### What this task involves
Please transcribe exactly, and only, the lines of the data below between the line holding "(q : HistoryQuery) (d : Db)" and the line holding "Db) (rows : Db → List Transaction)", inclusive.

Collected data
◇ ◇ ◇

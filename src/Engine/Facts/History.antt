-- ===== src/Engine/Facts/History.antt =====
-- What the count of the history fact says of a transaction that is stored: `calculate` of
-- src/engine/facts/transaction-history.fact.ts behind `create` of
-- src/transactions/transactions.service.ts.
use complif_techinical_chall.Base.{
  ℕ, ◌+◌, ◌-◌, ◌*◌, ◌≡◌, refl, ap, ◌∙◌, sym, String, ◌==◌, eq_refl, Bool, true, false, not, ◌&&◌,
  Option, none, some, get_or, if◌then◌else◌, List, arith, ltb,
}
use complif_techinical_chall.Base.Int.{ℤ, pos}
use complif_techinical_chall.Common.Value.{Value, num}
use complif_techinical_chall.Common.Exec.{Result, ok, err, result_of, state_of}
use complif_techinical_chall.Common.Repository.{IsRepository, weight, count_rows}
use complif_techinical_chall.Entities.{Transaction}
use complif_techinical_chall.World.{World, Repositories}
use complif_techinical_chall.Engine.Facts.{
  Almanac, TransactionHistoryParams, HistoryQuery, bind, count, day_ms, non_empty, account_of,
  select_of, history, run_query, transaction_history,
}
use complif_techinical_chall.Transactions.{CreateTransactionDto, new_transaction, create}
use Prim.Native.Nat.{min}

-- a type that is asked for, if one is
abbrev is_of_type : Option String → String → Bool
is_of_type none type = true
is_of_type (some asked) type = type == asked

-- the condition of the query on a row
abbrev pub is_selected : HistoryQuery → Transaction → Bool
is_selected q t =
    t.id_organization == q.organization_id
    && t.id_account == q.account_id
    && ltb q.start_date t.datetime
    && not t.is_voided
    && not t.is_deleted
    && is_of_type q.transaction_type t.type

-- whether a request is for a transaction of the account, later than the start of the window, of the
-- type that is asked for, and neither voided nor deleted
abbrev pub is_within : ℕ → TransactionHistoryParams → String → CreateTransactionDto → Bool
is_within start_date params account_id dto =
    dto.id_account == account_id
    && ltb start_date dto.datetime
    && not (get_or dto.is_voided false)
    && not (get_or dto.is_deleted false)
    && is_of_type (non_empty params.transaction_type) dto.type

-- the start of the window
abbrev pub window_start : ℕ → ℕ → TransactionHistoryParams → ℕ
window_start max_days now params = now - min params.time_window_days max_days * day_ms

-- what `save` keeps of a transaction: all but what the database fills in
abbrev pub content : Transaction → Transaction
content t = record t { id = ""; created_at = 0; updated_at = 0 }

-- the query that `calculate` builds for a count
abbrev count_query : ℕ → TransactionHistoryParams → String → String → HistoryQuery
count_query start_date params organization_id account_id = record {
  organization_id = organization_id;
  account_id = account_id;
  start_date = start_date;
  transaction_type = non_empty params.transaction_type;
  select = count;
}

-- `COUNT(*)` answers with one row, the number of the rows that meet the condition.
abbrev pub Counts :
    {Db : Type 0} → (HistoryQuery → Db → Result (Option ℤ)) → (Db → List Transaction) → Type 0
Counts aggregate rows =
    (q : HistoryQuery) (d : _) (r : Option ℤ)
    → q.select ≡ count
    → aggregate q d ≡ ok r
    → r ≡ some (pos (count_rows (is_selected q) (rows d) * 10000))

new_transaction-is_selected :
    (start_date : ℕ) (params : TransactionHistoryParams) (organization_id account_id : String)
    (dto : CreateTransactionDto)
    → is_selected
        (count_query start_date params organization_id account_id)
        (new_transaction organization_id dto)
      ≡ is_within start_date params account_id dto
unfolding new_transaction
new_transaction-is_selected start_date params organization_id account_id dto =
    rw (eq_refl organization_id) refl

select_of-count :
    (aggregation column : String)
    → aggregation ≡ "count"
    → select_of aggregation column ≡ some count
unfolding select_of
select_of-count aggregation column a = rw a refl

number_of :
    (r : Result (Option ℤ)) (expected : ℤ) (value : Value)
    → ((o : Option ℤ) → r ≡ ok o → o ≡ some expected)
    → bind r (λ o. ok (num (get_or o (pos 0)))) ≡ ok value
    → value ≡ num expected
number_of (ok o) expected value c h =
    let answer : o ≡ some expected = c o refl in
    let same : ok (num (get_or o (pos 0))) ≡ ok (num expected) =
      ap {B = Result Value} (λ o. ok (num (get_or o (pos 0)))) answer in
    cc
number_of (err e) expected value c h = absurd (ground arith)

module _ {Db : Type 0} (aggregate : HistoryQuery → Db → Result (Option ℤ))
    (rows : Db → List Transaction) (counts : Counts aggregate rows) where
  run_query-count :
      (q : HistoryQuery) (d : Db) (value : Value)
      → q.select ≡ count
      → run_query aggregate q d ≡ ok value
      → value ≡ num (pos (count_rows (is_selected q) (rows d) * 10000))
  run_query-count q d value s h = number_of (aggregate q d) _ value (λ o. counts q d o s) h

  calculates :
      (max_days now : ℕ) (params : TransactionHistoryParams) (almanac : Almanac)
      (organization_id account_id : String) (d : Db)
      → params.aggregation ≡ "count"
      → account_of params almanac ≡ ok (some account_id)
      → transaction_history aggregate max_days now params almanac organization_id d
        ≡ run_query aggregate
            (count_query (window_start max_days now params) params organization_id account_id)
            d
  unfolding transaction_history history
  calculates max_days now params almanac organization_id account_id d a o = rw o (
      rw (history, select_of-count params.aggregation (get_or params.column "amountNormalized") a)
        refl)

  -- A count is the number of the selected rows.
  transaction_history-count :
      (max_days now : ℕ) (params : TransactionHistoryParams) (almanac : Almanac)
      (organization_id account_id : String) (d : Db) (value : Value)
      → params.aggregation ≡ "count"
      → account_of params almanac ≡ ok (some account_id)
      → transaction_history aggregate max_days now params almanac organization_id d ≡ ok value
      → value
        ≡ num (
            pos (
              count_rows
                (is_selected (
                  count_query (window_start max_days now params) params organization_id account_id))
                (rows d)
              * 10000))
  transaction_history-count max_days now params almanac organization_id account_id d value a o h =
      run_query-count _ d value refl
        (sym (calculates max_days now params almanac organization_id account_id d a o) ∙ h)

module _ {Db Redis : Type 0} (repositories : Repositories Db) (rows : Db → List Transaction)
    (laws : IsRepository repositories.transactions rows (λ t. t.id) content)
    (aggregate : HistoryQuery → Db → Result (Option ℤ)) (counts : Counts aggregate rows) where
  -- By the laws of the repository, and where a count answers with the number of the rows that meet
  -- its condition, storing a transaction raises by one what the history fact counts for an account
  -- at a time, if the transaction is of that account, later than the start of the window, of the
  -- type that is asked for if one is, and neither voided nor deleted, and leaves that count as it was
  -- if not, where the fact answers before and behind it.
  pub create-transaction_history :
      (max_days now : ℕ) (params : TransactionHistoryParams) (almanac : Almanac)
      (organization_id account_id : String) (dto : CreateTransactionDto) (w : World Db Redis)
      (created : Transaction) (before later : Value)
      → params.aggregation ≡ "count"
      → account_of params almanac ≡ ok (some account_id)
      → result_of (create repositories organization_id dto) w ≡ ok created
      → transaction_history aggregate max_days now params almanac organization_id w.db ≡ ok before
      → transaction_history aggregate max_days now params almanac organization_id
          (state_of (create repositories organization_id dto) w).db
        ≡ ok later
      → (n : ℕ) × (before ≡ num (pos (n * 10000)))
        × (later
            ≡ num (
                pos (
                  (n + weight (is_within (window_start max_days now params) params account_id) dto)
                  * 10000)))
  unfolding create new_transaction
  create-transaction_history max_days now params almanac organization_id account_id dto w created
        before later a o h b l =
      let q = count_query (window_start max_days now params) params organization_id account_id in
      let t = new_transaction organization_id dto in
      let same : is_selected q created
          ≡ is_within (window_start max_days now params) params account_id dto =
        ap (is_selected q) (laws.kept t created w.db h)
        ∙ new_transaction-is_selected (window_start max_days now params) params organization_id
            account_id dto in
      let rise = laws.inserted t created w.db (weight (is_selected q)) refl h in
      (
        count_rows (is_selected q) (rows w.db),
        transaction_history-count aggregate rows counts max_days now params almanac organization_id
            account_id w.db before a o b,
        transaction_history-count aggregate rows counts max_days now params almanac organization_id
              account_id _ later a o l
            ∙ ap (λ n. num (pos (n * 10000)))
                (rise
                  ∙ ap (λ b. count_rows (is_selected q) (rows w.db) + (if b then 1 else 0)) same),
      )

◇ ◇ ◇

### Written solution
      (q : HistoryQuery) (d : Db) (value : Value)
      → q.select ≡ count
      → run_query aggregate q d ≡ ok value
      → value ≡ num (pos (count_rows (is_selected q) (rows d) * 10000))
  run_query-count q d value s h = number_of (aggregate q d) _ value (λ o. counts q d o s) h

  calculates :
      (max_days now : ℕ) (params : TransactionHistoryParams) (almanac : Almanac)
      (organization_id account_id : String) (d : Db)
      → params.aggregation ≡ "count"
      → account_of params almanac ≡ ok (some account_id)
      → transaction_history aggregate max_days now params almanac organization_id d
        ≡ run_query aggregate
            (count_query (window_start max_days now params) params organization_id account_id)
            d
  unfolding transaction_history history
  calculates max_days now params almanac organization_id account_id d a o = rw o (
      rw (history, select_of-count params.aggregation (get_or params.column "amountNormalized") a)
        refl)

  -- A count is the number of the selected rows.
  transaction_history-count :
      (max_days now : ℕ) (params : TransactionHistoryParams) (almanac : Almanac)
      (organization_id account_id : String) (d : Db) (value : Value)
      → params.aggregation ≡ "count"
      → account_of params almanac ≡ ok (some account_id)
      → transaction_history aggregate max_days now params almanac organization_id d ≡ ok value
      → value
        ≡ num (
            pos (
              count_rows
                (is_selected (
                  count_query (window_start max_days now params) params organization_id account_id))
                (rows d)
              * 10000))
  transaction_history-count max_days now params almanac organization_id account_id d value a o h =
      run_query-count _ d value refl
        (sym (calculates max_days now params almanac organization_id account_id d a o) ∙ h)

module _ {Db Redis : Type 0} (repositories : Repositories Db) (rows : Db → List Transaction)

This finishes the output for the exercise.